Face à la hausse des prix de l’énergie et à l’urgence climatique, le granulé de bois s’est imposé comme une alternative de plus en plus populaire pour le chauffage. Souvent présenté comme une énergie renouvelable et écologique, il suscite pourtant des débats. Le granulé de bois mérite-t-il vraiment cette réputation ?

Qu’est-ce que le granulé de bois ?

Le granulé de bois, aussi appelé pellet, est un combustible issu du compactage de résidus bois (sciure, copeaux, chutes de scieries). Ces résidus sont séchés, broyés puis compressés sans additifs chimiques, pour former de petits cylindres très denses à fort pouvoir calorifique.

Pourquoi le granulé de bois est considéré comme renouvelable

Une ressource issue du bois

Le bois est une ressource renouvelable, à condition que les forêts soient gérées durablement. Les arbres coupés peuvent être remplacés par de nouvelles plantations, ce qui renouvelle la ressource, contrairement aux énergies fossiles qui sont limitées.

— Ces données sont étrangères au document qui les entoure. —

-- ===== src/Dmt/Merkle/Tree/Rebuilding.antt =====
-- `Rebuild` publishes the tree over the present leaves; sequences of `Insert` and `Rebuild`.
use datura.Prelude.{
  ◌≡◌, refl, ap, ◌∙◌, Bool, true, false, none, List, [], ◌∷◌, if◌then◌else◌, length, Bool-cases,
  inl, inr,
}
use datura.Prelude.Bytes.{Bytes, bytes_equal}
use datura.Dmt.Merkle.Nodes.{MerkleNode, MerkleTree, new_merkle_tree, insert, verify, lookup_leaf}
use datura.Dmt.Merkle.Nodes.Laws.{verify-insert}
use datura.Dmt.Merkle.Build.{rebuild}
use datura.Dmt.Merkle.Build.Levels.{levels, build_level_lem}
use datura.Dmt.Merkle.Tree.{
  IsValid, Made-Below, All-Made_mono, levels-next, new_merkle_tree-IsValid, insert-IsValid,
}

module _ (sha256 : Bytes → Bytes) where
  -- The tree that `Rebuild` publishes, in terms of its levels.
  abbrev pub published : MerkleTree → MerkleTree
  published t =
      let built = levels sha256 (length t.snapshot.leaves) t.snapshot.leaves [] t.next in
      record t {
        snapshot = record {
          root = built.0;
          leaves = t.snapshot.leaves;
          parent = built.1;
          modified = false;
        };
        next = built.2;
      }

  pub rebuild_modified :
      (t : MerkleTree) → t.snapshot.modified ≡ true → rebuild sha256 t ≡ published t
  unfolding rebuild
  rebuild_modified t h =
      rw (h, build_level_lem sha256 (length t.snapshot.leaves) t.snapshot.leaves [] [] t.next)

  pub rebuild_current : (t : MerkleTree) → t.snapshot.modified ≡ false → rebuild sha256 t ≡ t
  unfolding rebuild
  rebuild_current t h = rw h

  published-IsValid : (t : MerkleTree) → IsValid sha256 t → IsValid sha256 (published t)
  published-IsValid t v = record {
    sorted = v.sorted;
    made =
        All-Made_mono sha256 t.next _ t.snapshot.leaves
          (levels-next sha256 (length t.snapshot.leaves) t.snapshot.leaves [] t.next) v.made;
    distinct = v.distinct;
    built = λ _. record {
      base = t.next;
      low = Made-Below sha256 t.next t.snapshot.leaves v.made;
      rooted = refl;
      parented = refl;
    };
  }

  -- `Rebuild` keeps the invariant and the leaves, and leaves no change pending.
  pub rebuild_lem :
      (t : MerkleTree)
      → IsValid sha256 t
      → IsValid sha256 (rebuild sha256 t)
        × ((rebuild sha256 t).snapshot.leaves ≡ t.snapshot.leaves)
        × ((rebuild sha256 t).snapshot.modified ≡ false)
  rebuild_lem t v = elim (Bool-cases t.snapshot.modified) [
    | inl h ↦ rw (rebuild_modified t h) (published-IsValid t v, refl, refl)
    | inr h ↦ rw (rebuild_current t h) (v, refl, h)
  ]

  pub verify-rebuild :
      (t : MerkleTree) (k v : Bytes)
      → IsValid sha256 t
      → verify (rebuild sha256 t) k v ≡ verify t k v
  unfolding verify lookup_leaf
  verify-rebuild t k v valid =
      ap
        (λ (leaves : List MerkleNode).
          verify
            (record t {
              snapshot = record { root = none; leaves = leaves; parent = []; modified = false };
            })
            k v)
        (rebuild_lem t valid).1

pub data TreeOp : Type 0 where
  inserting : Bytes → Bytes → TreeOp
  rebuilding : TreeOp

module _ (sha256 : Bytes → Bytes) where
  unfoldable pub run_tree : List TreeOp → MerkleTree → MerkleTree
  run_tree [] t = t
  run_tree (inserting k v ∷ ops) t = run_tree ops (insert sha256 t k v)
  run_tree (rebuilding ∷ ops) t = run_tree ops (rebuild sha256 t)

-- What the same operations store, as a test of key and value.
unfoldable pub run_stored : List TreeOp → (Bytes → Bytes → Bool) → Bytes → Bytes → Bool
run_stored [] m = m
run_stored (inserting k v ∷ ops) m =
    run_stored ops (λ k' v'. if bytes_equal k k' then bytes_equal v v' else m k' v')
run_stored (rebuilding ∷ ops) m = run_stored ops m

module _ (sha256 : Bytes → Bytes) where
  run_from :
      (ops : List TreeOp) (t : MerkleTree) (m : Bytes → Bytes → Bool) (k v : Bytes)
      → IsValid sha256 t
      → ((k' v' : Bytes) → verify t k' v' ≡ m k' v')
      → (verify (run_tree sha256 ops t) k v ≡ run_stored ops m k v)
        × IsValid sha256 (run_tree sha256 ops t)
  unfolding run_tree run_stored
  run_from [] t m k v valid e = (e k v, valid)
  run_from (inserting key value ∷ ops) t m k v valid e =
      run_from ops (insert sha256 t key value) _ k v (insert-IsValid sha256 t key value valid)
        (λ k' v'.
          (verify-insert sha256 t key value k' v' valid.sorted).0
          ∙ ap (λ b. if bytes_equal key k' then bytes_equal value v' else b) (e k' v'))
  run_from (rebuilding ∷ ops) t m k v valid e =
      run_from ops (rebuild sha256 t) m k v (rebuild_lem sha256 t valid).0
        (λ k' v'. verify-rebuild sha256 t k' v' valid ∙ e k' v')

  new_verifies : (k v : Bytes) → verify new_merkle_tree k v ≡ false
  unfolding verify lookup_leaf new_merkle_tree
  new_verifies k v = refl

  -- After any sequence of `Insert` and `Rebuild` on a new tree, `Verify` accepts exactly the value
  -- last inserted under a key, and the tree's invariant holds: sorted leaves with distinct keys and
  -- addresses, each with the hash of its own key and value, under a root and a parent map that are
  -- current whenever no change is pending.
  pub tree_refines :
      (ops : List TreeOp) (k v : Bytes)
      → (verify (run_tree sha256 ops new_merkle_tree) k v ≡ run_stored ops (λ _ _. false) k v)
        × IsValid sha256 (run_tree sha256 ops new_merkle_tree)
  tree_refines ops k v =
      run_from ops new_merkle_tree (λ _ _. false) k v (new_merkle_tree-IsValid sha256) new_verifies
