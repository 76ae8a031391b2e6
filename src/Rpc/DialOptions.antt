-- ===== src/Rpc/DialOptions.antt =====
-- rpc/dial_options.go: the options of a dial, and what each DialOption sets; Credentials of rpc/auth.go
-- and DialWebRTCOptions of rpc/wrtc_client.go. The handler of statistics, the interceptors and the
-- configuration of WebRTC are left out: they are passed on as they are.
use goutils.Common.{ℕ, String, Bool, true, false, Option, none, List, [], ◌∷◌}

pub record Credentials : Type 0 where
  pub kind : String
  pub payload : String

abbrev pub no_credentials : Credentials
no_credentials = record { kind = ""; payload = "" }

pub record DialWebRtcOptions : Type 0 where
  pub disable : Bool
  pub signaling_insecure : Bool
  pub signaling_server_address : String
  pub signaling_auth_entity : String
  pub signaling_external_auth_address : String
  pub signaling_external_auth_to_entity : String
  pub signaling_external_auth_insecure : Bool
  pub signaling_creds : Credentials
  pub signaling_external_auth_auth_material : String
  pub disable_trickle_ice : Bool
  pub allow_auto_detect_auth_options : Bool

abbrev pub no_webrtc_options : DialWebRtcOptions
no_webrtc_options = record {
  disable = false;
  signaling_insecure = false;
  signaling_server_address = "";
  signaling_auth_entity = "";
  signaling_external_auth_address = "";
  signaling_external_auth_to_entity = "";
  signaling_external_auth_insecure = false;
  signaling_creds = no_credentials;
  signaling_external_auth_auth_material = "";
  disable_trickle_ice = false;
  allow_auto_detect_auth_options = false;
}

pub record DialMulticastDnsOptions : Type 0 where
  pub disable : Bool
  pub remove_auth_credentials : Bool

-- tls.Config: the server's name, and the rest as one number, 0 for the default of newDefaultTLSConfig
pub record TlsConfig : Type 0 where
  pub server_name : String
  pub rest : ℕ

abbrev pub new_default_tls_config : TlsConfig
new_default_tls_config = record { server_name = ""; rest = 0 }

pub record DialOptions : Type 0 where
  pub insecure : Bool
  pub tls_config : Option TlsConfig
  pub allow_insecure_downgrade : Bool
  pub allow_insecure_with_creds_downgrade : Bool
  pub auth_entity : String
  pub creds : Credentials
  pub webrtc_opts : DialWebRtcOptions
  pub webrtc_opts_set : Bool
  pub external_auth_addr : String
  pub external_auth_to_entity : String
  pub external_auth_insecure : Bool
  pub external_auth_material : String
  pub auth_material : String
  pub debug : Bool
  pub mdns_options : DialMulticastDnsOptions
  pub using_mdns : Bool
  pub disable_direct : Bool

abbrev pub no_options : DialOptions
no_options = record {
  insecure = false;
  tls_config = none;
  allow_insecure_downgrade = false;
  allow_insecure_with_creds_downgrade = false;
  auth_entity = "";
  creds = no_credentials;
  webrtc_opts = no_webrtc_options;
  webrtc_opts_set = false;
  external_auth_addr = "";
  external_auth_to_entity = "";
  external_auth_insecure = false;
  external_auth_material = "";
  auth_material = "";
  debug = false;
  mdns_options = record { disable = false; remove_auth_credentials = false };
  using_mdns = false;
  disable_direct = false;
}

pub data DialOption : Type 0 where
  with_insecure : DialOption
  with_credentials : Credentials → DialOption
  with_entity_credentials : String → Credentials → DialOption
  with_external_auth : String → String → DialOption
  with_external_auth_insecure : DialOption
  with_static_authentication_material : String → DialOption
  with_static_external_authentication_material : String → DialOption
  with_tls_config : Option TlsConfig → DialOption
  with_webrtc_options : DialWebRtcOptions → DialOption
  with_dial_debug : DialOption
  with_allow_insecure_downgrade : DialOption
  with_allow_insecure_with_credentials_downgrade : DialOption
  with_dial_multicast_dns_options : DialMulticastDnsOptions → DialOption
  with_disable_direct_grpc : DialOption
  with_force_direct_grpc : DialOption

abbrev pub apply : DialOptions → DialOption → DialOptions
apply o with_insecure = record o { insecure = true }
apply o (with_credentials c) = record o { auth_entity = ""; creds = c }
apply o (with_entity_credentials e c) = record o { auth_entity = e; creds = c }
apply o (with_external_auth addr e) = record o {
  external_auth_addr = addr;
  external_auth_to_entity = e;
}
apply o with_external_auth_insecure = record o { external_auth_insecure = true }
apply o (with_static_authentication_material t) = record o {
  auth_entity = "";
  creds = no_credentials;
  auth_material = t;
}
apply o (with_static_external_authentication_material t) = record o {
  auth_entity = "";
  creds = no_credentials;
  external_auth_material = t;
}
apply o (with_tls_config c) = record o { tls_config = c }
apply o (with_webrtc_options w) = record o { webrtc_opts = w; webrtc_opts_set = true }
apply o with_dial_debug = record o { debug = true }
apply o with_allow_insecure_downgrade = record o { allow_insecure_downgrade = true }
apply o with_allow_insecure_with_credentials_downgrade = record o {
  allow_insecure_with_creds_downgrade = true;
}
apply o (with_dial_multicast_dns_options d) = record o { mdns_options = d }
apply o with_disable_direct_grpc = record o { disable_direct = true }
apply o with_force_direct_grpc = record o {
  mdns_options = record (o.mdns_options) { disable = true };
  webrtc_opts = record (o.webrtc_opts) { disable = true };
  disable_direct = false;
}

-- the loop of Dial over its options
abbrev pub applied : DialOptions → List DialOption → DialOptions
applied o [] = o
applied o (opt ∷ opts) = applied (apply o opt) opts
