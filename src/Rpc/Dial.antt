-- ===== src/Rpc/Dial.antt =====
-- rpc/dial.go: the attempts of a dial over mDNS and WebRTC, the choice among their results in the order
-- in which they come, and the direct dial behind them. A connection is a number. What the network, the
-- resolver, dialWebRTC, dialDirectGRPC and the contexts answer are the record Net; there is no dialer in
-- the context. An error is a list of the errors that multierr combines, empty for nil.
pub mod WebRtc
pub mod Mdns
pub mod Choice
pub mod Removal
mod Tests
use goutils.Common.{
  ℕ, ◌%◌, String, Bool, true, false, not, ◌&&◌, ◌||◌, Option, none, some, List, [], ◌∷◌, ◌++◌,
  if◌then◌else◌, str_eq, after_prefix, contains,
}
use goutils.Rpc.DialOptions.{
  Credentials, no_credentials, DialOptions, DialWebRtcOptions, TlsConfig, new_default_tls_config,
}

pub record Established : Type 0 where
  pub conn : ℕ
  pub cached : Bool

pub data Outcome (A : Type 0) : Type 0 where
  done : A → Outcome A
  failed : List String → Outcome A

-- zeroconf.ServiceEntry
pub record ServiceEntry : Type 0 where
  pub service_name : String
  pub text : List String
  pub addr_ipv4 : List String
  pub port : ℕ

pub data WebRtcAnswer : Type 0 where
  webrtc_conn : Established → WebRtcAnswer
  no_webrtc_signaler : List String → WebRtcAnswer
  webrtc_err : List String → WebRtcAnswer

pub record Net : Type 0 where
  -- net.ParseIP(address) is not nil
  pub is_ip : String → Bool
  -- net.SplitHostPort, strconv.ParseUint(portStr, 10, 16), "%s:%d", and "[%s]"
  pub split_host_port : String → Outcome (String × String)
  pub parse_port : String → Outcome ℕ
  pub with_port : String → ℕ → String
  pub bracketed : String → String
  -- strings.ReplaceAll(address, ".", "-")
  pub dashed : String → String
  pub new_resolver : Outcome Unit
  -- the query for a candidate: an error of it or of a context that is done first, or the entry
  pub lookup : String → Outcome (Option ServiceEntry)
  -- ctx.Err() when the dial of an address starts, behind the queries for it, and behind its WebRTC
  pub ctx_err : String → List String
  pub lookup_err : String → List String
  pub parallel_err : String → List String
  pub dial_webrtc : String → String → DialOptions → WebRtcAnswer
  pub dial_direct_grpc : String → DialOptions → Outcome Established

pub record DialResult : Type 0 where
  pub conn : Option Established
  pub err : List String
  pub skip_direct : Bool

abbrev pub success : Established → DialResult
success c = record { conn = some c; err = []; skip_direct = false }

abbrev pub failure : Bool → List String → DialResult
failure skip e = record { conn = none; err = e; skip_direct = skip }

-- err != nil
abbrev pub is_err : List String → Bool
is_err [] = false
is_err (e ∷ es) = true

abbrev pub is_unset : String → Bool
is_unset s = str_eq s ""

abbrev pub is_unix : String → Bool
is_unix address = elim (after_prefix "unix://" address) [ some r ↦ true | none ↦ false ]

-- the options, and isJustDomain
abbrev pub adjusted : Net → String → DialOptions → DialOptions × Bool
adjusted net address o =
    if is_unix address
    then (
      record o {
        mdns_options = record (o.mdns_options) { disable = true };
        webrtc_opts = record (o.webrtc_opts) { disable = true };
        insecure = true;
        disable_direct = false;
      },
      false,
    )
    else (o, if contains address ":" then false else not (net.is_ip address))

-- the variables of the loop over dialCh, with the connections it has closed
pub record Chosen : Type 0 where
  pub conn : Option Established
  pub fatal_err : List String
  pub non_fatal_err : List String
  pub closed : List Established

abbrev pub nothing_chosen : Chosen
nothing_chosen = record { conn = none; fatal_err = []; non_fatal_err = []; closed = [] }

abbrev pub replaced : Option Established → List Established
replaced none = []
replaced (some c) = c ∷ []

abbrev pub combine_err : Chosen → List String → Bool → Chosen
combine_err s e true = record s { fatal_err = s.fatal_err ++ e }
combine_err s e false = record s { non_fatal_err = s.non_fatal_err ++ e }

abbrev pub take_result : Chosen → Option Established → List String → Bool → Chosen
take_result s (some c) [] skip = record s { conn = some c; closed = s.closed ++ replaced s.conn }
take_result s none [] skip = s
take_result s c (e ∷ es) skip = combine_err s (e ∷ es) skip

unfoldable pub choose : Chosen → List DialResult → Chosen
choose s [] = s
choose s (r ∷ rs) = choose (take_result s r.conn r.err r.skip_direct) rs

pub record Dialed : Type 0 where
  pub outcome : Outcome Established
  pub closed : List Established

abbrev pub direct_outcome : List String → Outcome Established → Outcome Established
direct_outcome e (done c) = done c
direct_outcome e (failed d) = failed (d ++ e)

abbrev pub fallback : Net → String → DialOptions → List String → Outcome Established
fallback net address o e =
    if o.disable_direct
    then failed ("exhausted all connection options with no way to connect" ∷ [])
    else direct_outcome e (net.dial_direct_grpc address o)

abbrev pub without_conn :
    Net → String → DialOptions → List String → List String → Outcome Established
without_conn net address o [] e = fallback net address o e
without_conn net address o (f ∷ fs) e = failed (f ∷ fs)

abbrev pub outcome_of :
    Net → String → DialOptions → Chosen → Option Established → Outcome Established
outcome_of net address o s (some c) = done c
outcome_of net address o s none = without_conn net address o s.fatal_err s.non_fatal_err

-- dial behind its goroutines, whose results come in this order
unfoldable pub finish : Net → String → DialOptions → List DialResult → Dialed
unfolding choose
finish net address o rs =
    let s = choose nothing_chosen rs in
    record { outcome = outcome_of net address o s s.conn; closed = s.closed }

Une valorisation des déchets de l’industrie du bois

Dans la majorité des cas, les granulés sont fabriqués à partir de sous-produits, ce qui permet d’optimiser l’utilisation du bois et de réduire le gaspillage.

Un cycle du carbone dit « court »

Lors de sa croissance, l’arbre absorbe du CO2. Lorsqu’il est brûlé, il restitue ce même CO2 dans l’atmosphère. Ce cycle est considéré comme neutre sur le long terme, contrairement au charbon, au fioul ou au gaz qui libèrent du carbone stocké depuis des millions d’années.

Gestion durable des forêts

Dans de nombreux pays, la production de granulés s’appuie sur des forêts gérées durablement :

  • On replante les arbres coupés
  • On protège les sols et la biodiversité

Les limites environnementales du granulé de bois

Emissions de polluant à la combustion

Même s’il est renouvelable, le granulé de bois n’est pas totalement propre :

  • Emissions de particules fines (PM2.5, PM10)
  • Oxyde d’azote (Nox)

Cela peut affecter la qualité de l’air, surtout en zone urbaine ou avec des appareils anciens/mal réglés.

Une neutralité carbone relative

Le CO2 est émis immédiatement lors de la combustion, tandis que la recapture du carbone par de nouveaux arbres prend plusieurs décennies. Si les arbres sont coupés plus vite qu’ils ne repoussent, le bilan devient négatif. Ce décalage temporel pose question dans un contexte d’urgence climatique.

L’impact de la production et du transport

La fabrication des granulés nécessite :

  • De l’énergie pour le séchage,
  • Des installations industrielles,
  • Des transports parfois longue distance.

Lorsque les granulés sont importés ou produits avec des énergies fossiles, leur bilan carbone se dégrade.

Une pression croissante sur les forêts

L’augmentation rapide de la demande peut encourager :

  • Des coupes excessives,
  • L’utilisation de bois rond plutôt que de simples résidus.

Sans régulation, le caractère renouvelable peut être remise en cause.

A quelles conditions le granulé de bois est réellement renouvelable

Le granulé de bois peut être considéré comme une énergie renouvelable si plusieurs critères sont respectés :

  • Bois issu de forêts gérées durablement (label PEFC, FSC)
  • Production locale ou régionale,
  • Utilisation majoritaire de résidus de scieries,
  • Combustion dans des équipements performant et récents,
  • Consommation raisonnée et complémentaire à la sobriété énergétique.

En conclusion, nous pouvons dire que le granulé de bois n’est ni une solution miracle ni une fausse énergie verte. C’est une énergie renouvelable sous conditions, qui peut jouer un rôle positif dans la transition énergétique, à condition d’un encadrement strict de la filière et d’une gestion durable des forêts.

Utilisé intelligemment, le granulé de bois reste une alternative plus vertueuse que les énergies fossiles, mais il ne doit pas être considéré comme une ressource illimitée.